Work required> Scan the lines below for "makes" and copy the matches.
(Source data Opens)
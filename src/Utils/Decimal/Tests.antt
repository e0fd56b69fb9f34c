-- ===== src/Utils/Decimal/Tests.antt =====
-- Numerals, and the theorem at one.
use avisor.Prelude.{◌≡◌, refl, arith, [], ◌∷◌}
use avisor.Utils.{strtol_deci, number, skip_space, take_sign, accumulate}
use avisor.Utils.Decimal.{minus, strtol_deci_lem}

-- "+7x", "-" and a numeral that is out of range
numerals :
    (strtol_deci (0x2b ∷ 0x37 ∷ 0x78 ∷ []) ≡ 7)
    × (strtol_deci (0x2d ∷ []) ≡ 0)
    × (strtol_deci (
          0x39 ∷ 0x39 ∷ 0x39 ∷ 0x39 ∷ 0x39 ∷ 0x39 ∷ 0x39 ∷ 0x39 ∷ 0x39 ∷ 0x39 ∷ 0x39 ∷ 0x39 ∷ 0x39
          ∷ 0x39 ∷ 0x39 ∷ 0x39 ∷ 0x39 ∷ 0x39 ∷ 0x39 ∷ 0x39 ∷ [])
        ≡ 0x7fffffffffffffff)
unfolding strtol_deci number skip_space take_sign accumulate
numerals = (refl, refl, refl)

-- " -42;"
strtol_deci_lem_example : strtol_deci (0x20 ∷ 0x2d ∷ 0x34 ∷ 0x32 ∷ 0x3b ∷ []) ≡ 0xffffffffffffffd6
strtol_deci_lem_example =
    strtol_deci_lem (0x20 ∷ []) minus 4 (2 ∷ []) (0x3b ∷ []) (refl, tt)
      (omega arith, (omega arith, tt)) refl
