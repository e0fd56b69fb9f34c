-- ===== src/Utils/Mem.antt =====
-- hypervisor/common/utils.c: the functions on memory. Memory is a function from addresses to bytes;
-- memcpy is assembly, and a parameter. The pointers that memset and memmove return are left out.
mod Tests
pub mod Laws
pub mod Strings
use avisor.Prelude.{
  ℕ, zero, suc, ◌+◌, ◌-◌, ◌%◌, ◌^◌, Bool, true, false, not, Option, none, some, ◌==◌, if◌then◌else◌,
  ltb,
}
use avisor.Utils.Str.{difference}

abbrev pub Memory : Type 0
Memory = ℕ → ℕ

abbrev pub put_byte : Memory → ℕ → ℕ → Memory
put_byte mem a v = λ b. if b == a then v else mem b

pub memset : Memory → (s c n : ℕ) → Memory
memset mem s c zero = mem
memset mem s c (suc n) = memset (put_byte mem s (c % 2 ^ 8)) (s + 1) c n

pub memcmp : Memory → (p1 p2 n : ℕ) → ℕ
memcmp mem p1 p2 zero = 0
memcmp mem p1 p2 (suc n) =
    let rest = memcmp mem (p1 + 1) (p2 + 1) n in
    if mem p1 == mem p2 then rest else difference (mem p1) (mem p2)

-- The address, or none for NULL.
pub memchr : Memory → (s c n : ℕ) → Option ℕ
memchr mem s c zero = none
memchr mem s c (suc n) = let rest = memchr mem (s + 1) c n in if mem s == c then some s else rest

-- The loop of `memmove`, which copies the last byte first.
pub copy_back : Memory → (dest src n : ℕ) → Memory
copy_back mem dest src zero = mem
copy_back mem dest src (suc n) = copy_back (put_byte mem (dest + n) (mem (src + n))) dest src n

pub memmove : (memcpy : Memory → (dest src n : ℕ) → Memory) → Memory → (dest src n : ℕ) → Memory
unfolding copy_back
memmove memcpy mem dest src n =
    if ltb dest (src + n) then copy_back mem dest src n else memcpy mem dest src n

-- The loop of `strcpy`, for at most `rounds` characters; none when it goes on.
pub strcpy : (rounds : ℕ) → Memory → (dest src : ℕ) → Option Memory
strcpy zero mem dest src = none
strcpy (suc rounds) mem dest src =
    let mem' = put_byte mem dest (mem src) in
    let rest = strcpy rounds mem' (dest + 1) (src + 1) in if mem' src == 0 then some mem' else rest

-- The loop of `strncat` and the zero after it, with the length of `dest`.
pub append_bytes : Memory → (dest src destlen i n : ℕ) → Memory
append_bytes mem dest src destlen i zero = put_byte mem (dest + destlen + i) 0
append_bytes mem dest src destlen i (suc n) =
    append_bytes (put_byte mem (dest + destlen + i) (mem (src + i))) dest src destlen (i + 1) n
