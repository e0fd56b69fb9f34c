-- ===== src/Utils/Mem/Laws.antt =====
-- What the functions on memory leave.
use avisor.Prelude.{
  ℕ, zero, suc, ◌+◌, ◌-◌, ◌≤◌, ◌≡◌, ◌∙◌, ◌&&◌, if◌then◌else◌, ltb, leb, arith, Bool-cases, inl, inr,
}
use avisor.Utils.Mem.{Memory, put_byte, copy_back, memmove}

-- The bytes of a region, moved.
abbrev pub moved : Memory → (dest src n : ℕ) → ℕ → ℕ
moved mem dest src n a = if leb dest a && ltb a (dest + n) then mem (src + (a - dest)) else mem a

copy_back_lem :
    (mem : Memory) (dest src n a : ℕ)
    → src ≤ dest
    → copy_back mem dest src n a ≡ moved mem dest src n a
unfolding copy_back
copy_back_lem mem dest src zero a h = ground arith
copy_back_lem mem dest src (suc n) a h =
    copy_back_lem (put_byte mem (dest + n) (mem (src + n))) dest src n a h ∙ ground arith

-- Where the destination is not below the source, memmove moves the bytes, given a memcpy that does
-- so between regions that do not overlap.
memmove_lem :
    (memcpy : Memory → (dest src n : ℕ) → Memory)
    → ((mem : Memory) (dest src n a : ℕ)
        → src + n ≤ dest
        → memcpy mem dest src n a ≡ moved mem dest src n a)
    → (mem : Memory) (dest src n a : ℕ) → src ≤ dest
    → memmove memcpy mem dest src n a ≡ moved mem dest src n a
unfolding memmove
memmove_lem memcpy copies mem dest src n a h = elim (Bool-cases (ltb dest (src + n))) [
  | inl near ↦ rw near (copy_back_lem mem dest src n a h)
  | inr far ↦ rw far (copies mem dest src n a (ground arith))
]
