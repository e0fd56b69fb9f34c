-- ===== src/Utils/Mem/Strings.antt =====
-- common/utils.c: strcpy and strncat, the functions on strings that write to memory.
use avisor.Prelude.{
  ℕ, zero, suc, ◌+◌, ◌<◌, ◌≤◌, ◌≡◌, ◌≢◌, ◌∙◌, sym, ap, ◌⊎◌, inl, inr, some, arith, ==_of_ne, ==_iff,
}
use avisor.Utils.Mem.{Memory, put_byte, strcpy, append_bytes}
use avisor.Utils.Mem.Laws.{moved}

-- At `src` stands a string of `n` characters.
pub record IsStringAt (mem : Memory) (src n : ℕ) : Type 0 where
  pub characters : (i : ℕ) → i < n → mem (src + i) ≢ 0
  pub end : mem (src + n) ≡ 0

-- No byte from `src` on is one of the `n` bytes from `dest` on.
abbrev pub AreApart : (dest src n : ℕ) → Type 0
AreApart dest src n = (src + n ≤ dest) ⊎ (dest + n ≤ src)

put-other : (mem : Memory) (a v b : ℕ) → b ≢ a → put_byte mem a v b ≡ mem b
put-other mem a v b h = rw (==_of_ne b a h)

apart-ne : (dest src n i : ℕ) → AreApart dest src n → i < n → src + i ≢ dest
apart-ne dest src n i (inl h) lt e = omega arith
apart-ne dest src n i (inr h) lt e = omega arith

-- The first byte, and the rest.
moved-suc :
    (mem : Memory) (dest src n a : ℕ)
    → AreApart dest src (suc n)
    → moved (put_byte mem dest (mem src)) (dest + 1) (src + 1) n a ≡ moved mem dest src (suc n) a
moved-suc mem dest src n a (inl h) = ground arith
moved-suc mem dest src n a (inr h) = ground arith

moved-none : (mem : Memory) (dest src a : ℕ) → mem a ≡ moved mem dest src 0 a
moved-none mem dest src a = ground arith

put_self : (mem : Memory) (dest src : ℕ) → put_byte mem dest (mem src) src ≡ mem src
put_self mem dest src = ground arith

-- What is left of a string after its first character, when that is copied.
rest-IsStringAt :
    (mem : Memory) (dest src n : ℕ)
    → AreApart dest src (suc (suc n))
    → IsStringAt mem src (suc n)
    → IsStringAt (put_byte mem dest (mem src)) (src + 1) n
rest-IsStringAt mem dest src n apart h = record {
  characters = λ i lt. rw (keep i (omega arith)) (h.characters (suc i) (omega arith));
  end = keep n (omega arith) ∙ h.end;
}
  where
    keep : (i : ℕ) → i ≤ n → put_byte mem dest (mem src) (src + 1 + i) ≡ mem (src + suc i)
    keep i le =
        put-other mem dest (mem src) (src + 1 + i)
          (λ e. apart-ne dest src (suc (suc n)) (suc i) apart (omega arith) (omega (arith, e)))
        ∙ ap mem (omega arith)

-- A string that does not overlap its destination is copied with the zero that ends it, and nothing
-- else is written.
pub strcpy_lem :
    (n : ℕ) (mem : Memory) (dest src : ℕ)
    → IsStringAt mem src n
    → AreApart dest src (suc n)
    → (mem' : Memory) × (strcpy (suc n) mem dest src ≡ some mem')
      × ((a : ℕ) → mem' a ≡ moved mem dest src (suc n) a)
unfolding strcpy
strcpy_lem zero mem dest src h apart =
    let ends : put_byte mem dest (mem src) src ≡ 0 =
      put_self mem dest src ∙ ap mem (omega arith) ∙ h.end in
    (
      put_byte mem dest (mem src),
      (rw ((==_iff _ 0).1 ends)),
      λ a.
          moved-none (put_byte mem dest (mem src)) (dest + 1) (src + 1) a
          ∙ moved-suc mem dest src 0 a apart,
    )
strcpy_lem (suc n) mem dest src h apart =
    let more : put_byte mem dest (mem src) src ≢ 0 =
      λ e. h.characters 0 (omega arith) (ap mem (omega arith) ∙ sym (put_self mem dest src) ∙ e) in
    let (mem', e, all) =
      strcpy_lem n (put_byte mem dest (mem src)) (dest + 1) (src + 1)
        (rest-IsStringAt mem dest src n apart h) (shorter apart) in
    (mem', (rw (==_of_ne _ 0 more) e), λ a. all a ∙ moved-suc mem dest src (suc n) a apart)
  where
    shorter : AreApart dest src (suc (suc n)) → AreApart (dest + 1) (src + 1) (suc n)
    shorter (inl q) = inl (omega arith)
    shorter (inr q) = inr (omega arith)

-- strncat moves n bytes to the end of a string that does not overlap them, whatever they are, and
-- puts a zero after them.
append_bytes-moved :
    (n : ℕ) (mem : Memory) (dest src destlen i : ℕ)
    → AreApart (dest + destlen + i) (src + i) n
    → (a : ℕ)
    → append_bytes mem dest src destlen i n a
      ≡ put_byte (moved mem (dest + destlen + i) (src + i) n) (dest + destlen + i + n) 0 a
unfolding append_bytes
append_bytes-moved zero mem dest src destlen i apart a = ground arith
append_bytes-moved (suc n) mem dest src destlen i apart a =
    append_bytes-moved n (put_byte mem (dest + destlen + i) (mem (src + i))) dest src destlen
      (i + 1) (shorter apart) a
    ∙ last apart
  where
    shorter :
        AreApart (dest + destlen + i) (src + i) (suc n)
        → AreApart (dest + destlen + (i + 1)) (src + (i + 1)) n
    shorter (inl q) = inl (omega arith)
    shorter (inr q) = inr (omega arith)

    last :
        AreApart (dest + destlen + i) (src + i) (suc n)
        → put_byte
            (moved
              (put_byte mem (dest + destlen + i) (mem (src + i)))
              (dest + destlen + (i + 1))
              (src + (i + 1))
              n)
            (dest + destlen + (i + 1) + n)
            0
            a
          ≡ put_byte
              (moved mem (dest + destlen + i) (src + i) (suc n))
              (dest + destlen + i + suc n)
              0
              a
    last (inl q) = ground arith
    last (inr q) = ground arith
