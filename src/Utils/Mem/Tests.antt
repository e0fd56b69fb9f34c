-- ===== src/Utils/Mem/Tests.antt =====
-- The functions on memory at concrete addresses.
use avisor.Prelude.{ℕ, ◌+◌, ◌≡◌, refl, none, some}
use avisor.Utils.Mem.{Memory, memset, memcmp, memchr, copy_back, memmove}

abbrev no_copy : Memory → ℕ → ℕ → ℕ → Memory
no_copy mem dest src n = mem

-- Byte a holds 10 + a.
abbrev counted : Memory
counted a = 10 + a

memset_test : memset counted 4 0x1ff 2 5 ≡ 255
unfolding memset
memset_test = refl

memcmp_test : memcmp (memset counted 4 10 1) 0 4 2 ≡ 4294967292
unfolding memcmp memset
memcmp_test = refl

memchr_test : memchr counted 2 15 8 ≡ some 5
unfolding memchr
memchr_test = refl

memchr-missing_test : memchr counted 2 15 3 ≡ none
unfolding memchr
memchr-missing_test = refl

-- Two bytes moved one place down: the second is copied first, and then read as the first.
memmove-down_test : memmove no_copy counted 3 4 2 3 ≡ 15
unfolding memmove copy_back
memmove-down_test = refl
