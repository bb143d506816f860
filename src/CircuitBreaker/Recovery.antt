-- ===== src/CircuitBreaker/Recovery.antt =====
-- model/circuit-breaker.ts: when a breaker opens, and how it comes back.
use runcor.Common.{
  ℕ, ◌+◌, ◌≤◌, ◌<◌, ◌≡◌, refl, none, some, List, [], ◌∷◌, true, false, arith, All, ap, ◌∙◌, ◌++◌,
  length, length-append,
}
use runcor.CircuitBreaker.{
  CircuitBreaker, healthy, unhealthy, record_success, record_failure, on_timer, shutdown,
  is_available,
}
use runcor.CircuitBreaker.Health.{Event, succeeds, fails, timer_due, stops, step, run}

-- Failures at any times.
abbrev pub failures : List ℕ → List (Event × ℕ)
failures [] = []
failures (t ∷ ts) = (fails, t) ∷ failures ts

fail_below :
    (b : CircuitBreaker) (now : ℕ)
    → b.state ≡ healthy
    → b.failure_count + 1 < b.failure_threshold
    → (record_failure b now).0 ≡ record b { failure_count = b.failure_count + 1 }
unfolding record_failure
fail_below b now h l = ground arith

fail_last :
    (b : CircuitBreaker) (now : ℕ)
    → b.state ≡ healthy
    → b.failure_count + 1 ≡ b.failure_threshold
    → ((record_failure b now).0.state ≡ unhealthy)
      × (is_available (record_failure b now).0 ≡ false)
      × ((record_failure b now).0.cooldown_timer ≡ some (now + b.cooldown_ms))
unfolding record_failure is_available
fail_last b now h l = ground arith

fail_counts :
    (b : CircuitBreaker) (ts : List ℕ)
    → b.state ≡ healthy
    → b.failure_count + length ts < b.failure_threshold
    → (run b (failures ts)).0 ≡ record b { failure_count = b.failure_count + length ts }
unfolding run step
fail_counts b [] h l = ground arith
fail_counts b (t ∷ ts) h l =
    let c = record b { failure_count = b.failure_count + 1 } in
    let counted : b.failure_count + 1 + length ts ≡ b.failure_count + length (t ∷ ts) =
      omega arith in
    ap (λ d. (run d (failures ts)).0) (fail_below b t h (omega (arith, l)))
    ∙ fail_counts c ts h (omega (arith, l))
    ∙ ap (λ n. record b { failure_count = n }) counted

-- Failures at any times, which together bring the count of a healthy breaker to one below the
-- threshold: after any first part of them its state is healthy; the failure after all of them, at
-- any time, makes it unhealthy and so unavailable, and sets the cooldown timer for `cooldown_ms`
-- later.
pub failures_open :
    (b : CircuitBreaker) (front back : List ℕ) (now : ℕ)
    → b.state ≡ healthy
    → b.failure_count + length (front ++ back) + 1 ≡ b.failure_threshold
    → let below = (run b (failures front)).0 in
      let opened = (record_failure (run b (failures (front ++ back))).0 now).0 in
      (below.state ≡ healthy)
      × (opened.state ≡ unhealthy)
      × (is_available opened ≡ false)
      × (opened.cooldown_timer ≡ some (now + b.cooldown_ms))
failures_open b front back now h l =
    let ts = front ++ back in
    let last = record b { failure_count = b.failure_count + length ts } in
    let part = fail_counts b front h (omega (arith, l, length-append front back)) in
    let all = fail_counts b ts h (omega (arith, l)) in
    let (state, shut, timer) = fail_last last now h l in
    let same = ap (λ c. (record_failure c now).0) all in
    (
      ap (λ c. c.state) part ∙ h,
      ap (λ c. c.state) same ∙ state,
      ap (λ c. is_available c) same ∙ shut,
      ap (λ c. c.cooldown_timer) same ∙ timer,
    )

-- Not a timer callback that is due, nor `shutdown`.
abbrev pub WaitsUntil : ℕ → Event × ℕ → Type 0
WaitsUntil due (succeeds, now) = Unit
WaitsUntil due (fails, now) = Unit
WaitsUntil due (timer_due, now) = now < due
WaitsUntil due (stops, now) = ⊥

wait_step :
    (b : CircuitBreaker) (due : ℕ) (e : Event) (now : ℕ)
    → b.state ≡ unhealthy
    → b.cooldown_timer ≡ some due
    → WaitsUntil due (e, now)
    → ((step b e now).0.state ≡ unhealthy) × ((step b e now).0.cooldown_timer ≡ some due)
unfolding step record_failure record_success on_timer
wait_step b due succeeds now s t w = ground arith
wait_step b due fails now s t w = ground arith
wait_step b due timer_due now s t w = ground arith
wait_step b due stops now s t w = absurd w

wait_run :
    (b : CircuitBreaker) (due : ℕ) (es : List (Event × ℕ))
    → b.state ≡ unhealthy
    → b.cooldown_timer ≡ some due
    → All (WaitsUntil due) es
    → ((run b es).0.state ≡ unhealthy) × ((run b es).0.cooldown_timer ≡ some due)
unfolding run
wait_run b due [] s t w = (s, t)
wait_run b due ((e, now) ∷ es) s t w =
    let (s', t') = wait_step b due e now s t w.0 in wait_run (step b e now).0 due es s' t' w.1

-- An unhealthy breaker whose timer is set for `due` takes no requests, whatever successes and
-- failures of requests under way are recorded, until the timer fires at or after `due`. Then it
-- probes: it is available, the probe's success makes it healthy with a count of 0, and the
-- probe's failure closes it for another cooldown.
pub cooldown_recovers :
    (b : CircuitBreaker) (due now : ℕ) (es : List (Event × ℕ))
    → b.state ≡ unhealthy
    → b.cooldown_timer ≡ some due
    → All (WaitsUntil due) es
    → due ≤ now
    → let b' = (run b es).0 in
      let probing = (on_timer b' now).0 in
      (is_available b' ≡ false)
      × (is_available probing ≡ true)
      × ((record_success probing).0.state ≡ healthy)
      × ((record_success probing).0.failure_count ≡ 0)
      × ((record_failure probing now).0.state ≡ unhealthy)
      × ((record_failure probing now).0.cooldown_timer ≡ some (now + probing.cooldown_ms))
unfolding is_available on_timer record_success record_failure
cooldown_recovers b due now es s t w l = let (s', t') = wait_run b due es s t w in ground arith

stranded_step :
    (b : CircuitBreaker) (e : Event) (now : ℕ)
    → b.state ≡ unhealthy
    → b.cooldown_timer ≡ none
    → ((step b e now).0.state ≡ unhealthy) × ((step b e now).0.cooldown_timer ≡ none)
unfolding step record_failure record_success on_timer shutdown
stranded_step b succeeds now s t = ground arith
stranded_step b _ now s t = ground arith

stranded_run :
    (b : CircuitBreaker) (es : List (Event × ℕ))
    → b.state ≡ unhealthy
    → b.cooldown_timer ≡ none
    → (run b es).0.state ≡ unhealthy
unfolding run
stranded_run b [] s t = s
stranded_run b ((e, now) ∷ es) s t =
    let (s', t') = stranded_step b e now s t in stranded_run (step b e now).0 es s' t'

-- A breaker that is unhealthy when it is shut down stays unavailable under every later event: the
-- timer is gone, and nothing but the timer leads out of `unhealthy`.
pub shutdown_strands :
    (b : CircuitBreaker) (es : List (Event × ℕ))
    → b.state ≡ unhealthy
    → is_available (run (shutdown b) es).0 ≡ false
unfolding is_available shutdown
shutdown_strands b es h =
    ground (arith, stranded_run (record b { cooldown_timer = none }) es h refl)
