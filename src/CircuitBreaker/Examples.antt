-- ===== src/CircuitBreaker/Examples.antt =====
-- A breaker with a threshold of 3 and a cooldown of 1000 ms.
use runcor.Common.{ℕ, ◌≡◌, refl, some, List, [], ◌∷◌, true, false, ◌+◌, arith}
use runcor.CircuitBreaker.{
  CircuitBreaker, healthy, unhealthy, new, record_success, record_failure, on_timer, is_available,
}
use runcor.CircuitBreaker.Health.{
  Event, succeeds, fails, timer_due, run, step, IsConsistent, Trace, run-new-IsConsistent,
}
use runcor.CircuitBreaker.Recovery.{failures, failures_open, cooldown_recovers}

abbrev fresh : CircuitBreaker
unfolding new
fresh = new (some 3) (some 1000)

abbrev opened : CircuitBreaker
opened = record {
  state = unhealthy;
  failure_count = 3;
  failure_threshold = 3;
  cooldown_ms = 1000;
  cooldown_timer = some 1010;
}

opens_after_three : (run (new (some 3) (some 1000)) (failures (10 ∷ 10 ∷ 10 ∷ []))).0 ≡ opened
unfolding run step new record_failure
opens_after_three = refl

abbrev outage : List (Event × ℕ)
outage =
    (fails, 10)
    ∷ (fails, 10)
    ∷ (fails, 10)
    ∷ (timer_due, 1010)
    ∷ (fails, 1011)
    ∷ (timer_due, 2011)
    ∷ (succeeds, 2012)
    ∷ []

recovers : (run (new (some 3) (some 1000)) outage).0.state ≡ healthy
unfolding run step new record_failure record_success on_timer
recovers = refl

run-new-IsConsistent_example :
    IsConsistent (run (new (some 3) (some 1000)) outage).0
    × Trace healthy
        (run (new (some 3) (some 1000)) outage).1
        (run (new (some 3) (some 1000)) outage).0.state
run-new-IsConsistent_example =
    run-new-IsConsistent (some 3) (some 1000) outage (unfold new in omega arith)

failures_open_example :
    let b = new (some 3) (some 1000) in
    let opened = (record_failure (run b (failures (10 ∷ 14 ∷ []))).0 19).0 in
    ((run b (failures (10 ∷ []))).0.state ≡ healthy)
    × (opened.state ≡ unhealthy)
    × (is_available opened ≡ false)
    × (opened.cooldown_timer ≡ some 1019)
unfolding new
failures_open_example = failures_open (new (some 3) (some 1000)) (10 ∷ []) (14 ∷ []) 19 refl refl

cooldown_recovers_example :
    let b = (run opened ((fails, 500) ∷ (succeeds, 900) ∷ (timer_due, 901) ∷ [])).0 in
    let probing = (on_timer b 1015).0 in
    (is_available b ≡ false)
    × (is_available probing ≡ true)
    × ((record_success probing).0.state ≡ healthy)
    × ((record_success probing).0.failure_count ≡ 0)
    × ((record_failure probing 1015).0.state ≡ unhealthy)
    × ((record_failure probing 1015).0.cooldown_timer ≡ some (1015 + probing.cooldown_ms))
cooldown_recovers_example =
    cooldown_recovers opened 1010 1015 ((fails, 500) ∷ (succeeds, 900) ∷ (timer_due, 901) ∷ []) refl
      refl (tt, (tt, (omega arith, tt))) (omega arith)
(Source data Closes)
Answer to the exercise>
-- any time, makes it unhealthy and so unavailable, and sets the cooldown timer for `cooldown_ms`
-- probes: it is available, the probe's success makes it healthy with a count of 0, and the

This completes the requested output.